THE DATA below:
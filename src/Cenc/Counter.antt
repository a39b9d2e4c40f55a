-- ===== src/Cenc/Counter.antt =====
-- AES-CTR over a context of OpenSSL, which counts with all 16 bytes of the IV, against counter mode
-- with the 8 byte counter that common encryption asks for.
use tasecureapi.Prelude.{
  ℕ, ◌+◌, ◌-◌, ◌*◌, ◌/◌, ◌%◌, ◌^◌, ◌≤◌, ◌<◌, bit_xor, ◌≡◌, refl, inl, inr, Bool, true, false, ◌&&◌,
  arith, ltb, leb, ◌==◌, if◌then◌else◌, status_ok, Bool-cases,
}
use native.Mathlib.Decide.{dec_lt}
use tasecureapi.Memory.{size_mod}
use tasecureapi.Prelude.CipherAlgorithm
use tasecureapi.Prelude.CipherMode
use tasecureapi.Symmetric.{EvpUpdate, EvpCalls, SymmetricContext, context_decrypt, context_set_iv}
use tasecureapi.Svp.{Memory, memcpy}
use tasecureapi.Cenc.{State, word, advance, plain}

-- A context of EVP in counter mode: the block of the last IV, as a number of 16 bytes, and the bytes
-- that it has produced since.
pub record Evp : Type 0 where
  pub first : ℕ
  pub used : ℕ

-- Byte `i` of the key stream after an IV: `block` is the cipher, which gives the bytes of a block.
abbrev pub evp_byte : (ℕ → ℕ → ℕ) → ℕ → ℕ → ℕ
evp_byte block first i = block ((first + i / 16) % 2 ^ 128) (i % 16)

-- An update with a negative length fails.
abbrev xor_update : (ℕ → ℕ → ℕ) → Evp → (ℕ → ℕ) → ℕ → EvpUpdate Evp
xor_update block c from count = record {
  ok = ltb count (2 ^ 31);
  length = count;
  context = record c { used = c.used + count };
  bytes = λ i. bit_xor (from i) (evp_byte block c.first (c.used + i));
}

abbrev xor_init : Evp → ℕ → ℕ → Bool × Evp
xor_init c nonce counter = (true, record { first = nonce * 2 ^ 64 + counter; used = 0 })

-- The calls of EVP in counter mode.
abbrev pub evp : (ℕ → ℕ → ℕ) → EvpCalls Evp
evp block = record {
  decrypt_update = xor_update block;
  encrypt_update = xor_update block;
  decrypt_init = xor_init;
  encrypt_init = xor_init;
}

-- Byte `i` of the key stream of counter mode with an 8 byte counter that starts at `counter`.
abbrev pub counter_byte : (ℕ → ℕ → ℕ) → ℕ → ℕ → ℕ → ℕ
counter_byte block nonce counter i = block (nonce * 2 ^ 64 + (counter + i / 16) % 2 ^ 64) (i % 16)

-- What counter mode leaves at each place: `count` bytes at `base`, from byte `done` of the stream on.
abbrev pub counted : (ℕ → ℕ) → Memory → Memory → ℕ → ℕ → ℕ → Memory
counted stream input out base count done a =
    if leb base a && ltb a (base + count)
    then bit_xor (input a) (stream (done + (a - base)))
    else out a

-- The context stands at the block that the IV of the state names, at its first byte.
pub record IsAt (st : State Evp) : Type 0 where
  pub mode : st.context.cipher_mode ≡ CipherMode.decrypt_mode
  pub algorithm : st.context.cipher_algorithm ≡ CipherAlgorithm.aes_ctr
  pub aligned : st.context.evp_cipher.used % 16 ≡ 0
  pub stands :
      st.context.evp_cipher.first + st.context.evp_cipher.used / 16 ≡ st.nonce * 2 ^ 64 + st.counter
  pub nonce_bound : st.nonce < 2 ^ 64
  pub counter_bound : st.counter < 2 ^ 64

module _ (block : ℕ → ℕ → ℕ) (input : Memory) where
  context_decrypt_eq :
      (c : SymmetricContext Evp) (from : ℕ → ℕ) (count : ℕ)
      → c.cipher_mode ≡ CipherMode.decrypt_mode
      → c.cipher_algorithm ≡ CipherAlgorithm.aes_ctr
      → count < 2 ^ 31
      → context_decrypt (evp block) c from count ≡ record {
        status = status_ok;
        length = count;
        context = record c {
          evp_cipher = record c.evp_cipher { used = c.evp_cipher.used + count };
        };
        bytes = λ i. bit_xor (from i) (evp_byte block c.evp_cipher.first (c.evp_cipher.used + i));
      }
  unfolding context_decrypt
  context_decrypt_eq c from count mode algorithm small =
      let int : count % 2 ^ 32 ≡ count = omega arith in
      let positive : ltb count (2 ^ 31) ≡ true = ground arith in
      rw (mode, context_decrypt) (rw algorithm (rw int (rw positive refl)))

  pub context_set_iv_eq :
      (c : SymmetricContext Evp) (nonce counter : ℕ)
      → c.cipher_mode ≡ CipherMode.decrypt_mode
      → c.cipher_algorithm ≡ CipherAlgorithm.aes_ctr
      → context_set_iv (evp block) c nonce counter ≡ (
        status_ok,
        record c { evp_cipher = record { first = nonce * 2 ^ 64 + counter; used = 0 } },
      )
  unfolding context_set_iv
  context_set_iv_eq c nonce counter mode algorithm = rw (algorithm, context_set_iv) (rw mode refl)

  -- Up to the end of the counter, EVP produces the stream.
  no_rollover :
      (st : State Evp) (i : ℕ)
      → st.context.evp_cipher.used % 16 ≡ 0
      → st.context.evp_cipher.first + st.context.evp_cipher.used / 16
        ≡ st.nonce * 2 ^ 64 + st.counter
      → st.nonce < 2 ^ 64
      → st.counter + i / 16 < 2 ^ 64
      → evp_byte block st.context.evp_cipher.first (st.context.evp_cipher.used + i)
        ≡ counter_byte block st.nonce st.counter i
  no_rollover st i al at nb small =
      let p : (st.context.evp_cipher.first + (st.context.evp_cipher.used + i) / 16) % 2 ^ 128
          ≡ st.nonce * 2 ^ 64 + (st.counter + i / 16) % 2 ^ 64 =
        omega arith in
      let q : (st.context.evp_cipher.used + i) % 16 ≡ i % 16 = omega arith in rw (p, q) refl

  -- What one update writes, if the counter does not go past its end.
  update_output :
      (base count : ℕ) (st : State Evp) (a : ℕ)
      → IsAt st
      → st.counter * 16 + count ≤ 2 ^ 68
      → memcpy st.out base
          (λ i.
            bit_xor
              (input (base + i))
              (evp_byte block st.context.evp_cipher.first (st.context.evp_cipher.used + i)))
          count
          a
        ≡ counted (counter_byte block st.nonce st.counter) input st.out base count 0 a
  update_output base count st a at small = elim (Bool-cases (leb base a && ltb a (base + count))) [
    | inl inside ↦
        let here : base + (a - base) ≡ a = ground arith in
        let from : 0 + (a - base) ≡ a - base = omega arith in
        let fits : st.counter + (a - base) / 16 < 2 ^ 64 = ground arith in
        rw (inside, here, from, no_rollover st (a - base) at.aligned at.stands at.nonce_bound fits)
          refl
    | inr outside ↦ rw outside refl
  ]

  -- What a call of `decrypt` on whole blocks does to the state.
  pub record Decrypted (base count : ℕ) (st st' : State Evp) : Type 0 where
    pub place : IsAt st'
    pub same_nonce : st'.nonce ≡ st.nonce
    pub counter_after : st'.counter ≡ (st.counter + count / 16) % 2 ^ 64
    pub enc_after : st'.enc_byte_count ≡ st.enc_byte_count + count
    pub output :
        (a : ℕ)
        → st'.out a ≡ counted (counter_byte block st.nonce st.counter) input st.out base count 0 a

  pub plain-Decrypted :
      (base count : ℕ) (st : State Evp)
      → IsAt st
      → count % 16 ≡ 0
      → st.counter + count / 16 < 2 ^ 64
      → st.enc_byte_count + count < size_mod
      → count < 2 ^ 31
      → ((plain (evp block) input base count (count / 16) st).0 ≡ status_ok)
        × Decrypted base count st (plain (evp block) input base count (count / 16) st).1
  unfolding plain
  plain-Decrypted base count st at al small enc short =
      rw
        (
          context_decrypt_eq st.context (λ i. input (base + i)) count at.mode at.algorithm short,
          plain,
        )
        (
          refl,
          record {
            place = record {
              mode = at.mode;
              algorithm = at.algorithm;
              aligned = omega (arith, at.aligned);
              stands = omega (arith, at.aligned, at.stands);
              nonce_bound = at.nonce_bound;
              counter_bound = omega arith;
            };
            same_nonce = refl;
            counter_after = refl;
            enc_after = omega arith;
            output = λ a. update_output base count st a at (omega arith);
          },
        )

  pub advance-Decrypted :
      (base blocks : ℕ) (st : State Evp)
      → IsAt st
      → 0 < blocks
      → st.counter + blocks ≤ 2 ^ 64
      → st.enc_byte_count + blocks * 16 < size_mod
      → blocks * 16 < 2 ^ 31
      → ((advance (evp block) input base (blocks * 16) blocks st).0 ≡ status_ok)
        × ((advance (evp block) input base (blocks * 16) blocks st).1 ≡ blocks * 16)
        × Decrypted base (blocks * 16) st (advance (evp block) input base (blocks * 16) blocks st).2
  unfolding advance
  advance-Decrypted base blocks st at some_blocks small enc short =
      let busy : (blocks * 16 == 0) ≡ false = ground arith in
      let count = blocks * 16 in
      let c = st.context in
      let d = context_decrypt_eq c (λ i. input (base + i)) count at.mode at.algorithm short in
      let later : SymmetricContext Evp = record c {
        evp_cipher = record c.evp_cipher { used = c.evp_cipher.used + count };
      } in
      let e =
        context_set_iv_eq later st.nonce ((st.counter + blocks) % word) at.mode at.algorithm in
      rw (busy, advance)
        (rw d (
          rw e (
            refl,
            refl,
            record {
              place = record {
                mode = at.mode;
                algorithm = at.algorithm;
                aligned = refl;
                stands = omega arith;
                nonce_bound = at.nonce_bound;
                counter_bound = omega arith;
              };
              same_nonce = refl;
              counter_after = omega arith;
              enc_after = omega arith;
              output = λ a. update_output base (blocks * 16) st a at (omega arith);
            },
          )))

  -- Two stretches, one behind the other, are one.
  pub Decrypted-Decrypted :
      (base n m : ℕ) {st st' st'' : State Evp}
      → n % 16 ≡ 0
      → Decrypted base n st st'
      → Decrypted (base + n) m st' st''
      → Decrypted base (n + m) st st''
  Decrypted-Decrypted base n m {st} {st'} {st''} al d e = record {
    place = e.place;
    same_nonce = omega (arith, d.same_nonce, e.same_nonce);
    counter_after = omega (arith, d.counter_after, e.counter_after);
    enc_after = omega (arith, d.enc_after, e.enc_after);
    output = λ a. elim (dec_lt a (base + n)) [
      | yes front ↦ ground (arith, d.output a, e.output a)
      | no back ↦
          let stream = counter_byte block st.nonce st.counter (0 + (a - base)) in
          let same_stream : counter_byte block st'.nonce st'.counter (0 + (a - (base + n)))
              ≡ stream =
            let p : st'.nonce * 2 ^ 64 + (st'.counter + (0 + (a - (base + n))) / 16) % 2 ^ 64
                ≡ st.nonce * 2 ^ 64 + (st.counter + (0 + (a - base)) / 16) % 2 ^ 64 =
              omega (arith, d.same_nonce, d.counter_after) in
            let q : (0 + (a - (base + n))) % 16 ≡ (0 + (a - base)) % 16 = omega arith in
            rw (p, q) refl in
          ground (arith, d.output a, e.output a, same_stream)
    ];
  }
End of THE DATA.
## WHAT THIS TASK INVOLVES
Copy each line above holding "memcpy".

## OUTPUT OF THE TASK
use tasecureapi.Svp.{Memory, memcpy}
      → memcpy st.out base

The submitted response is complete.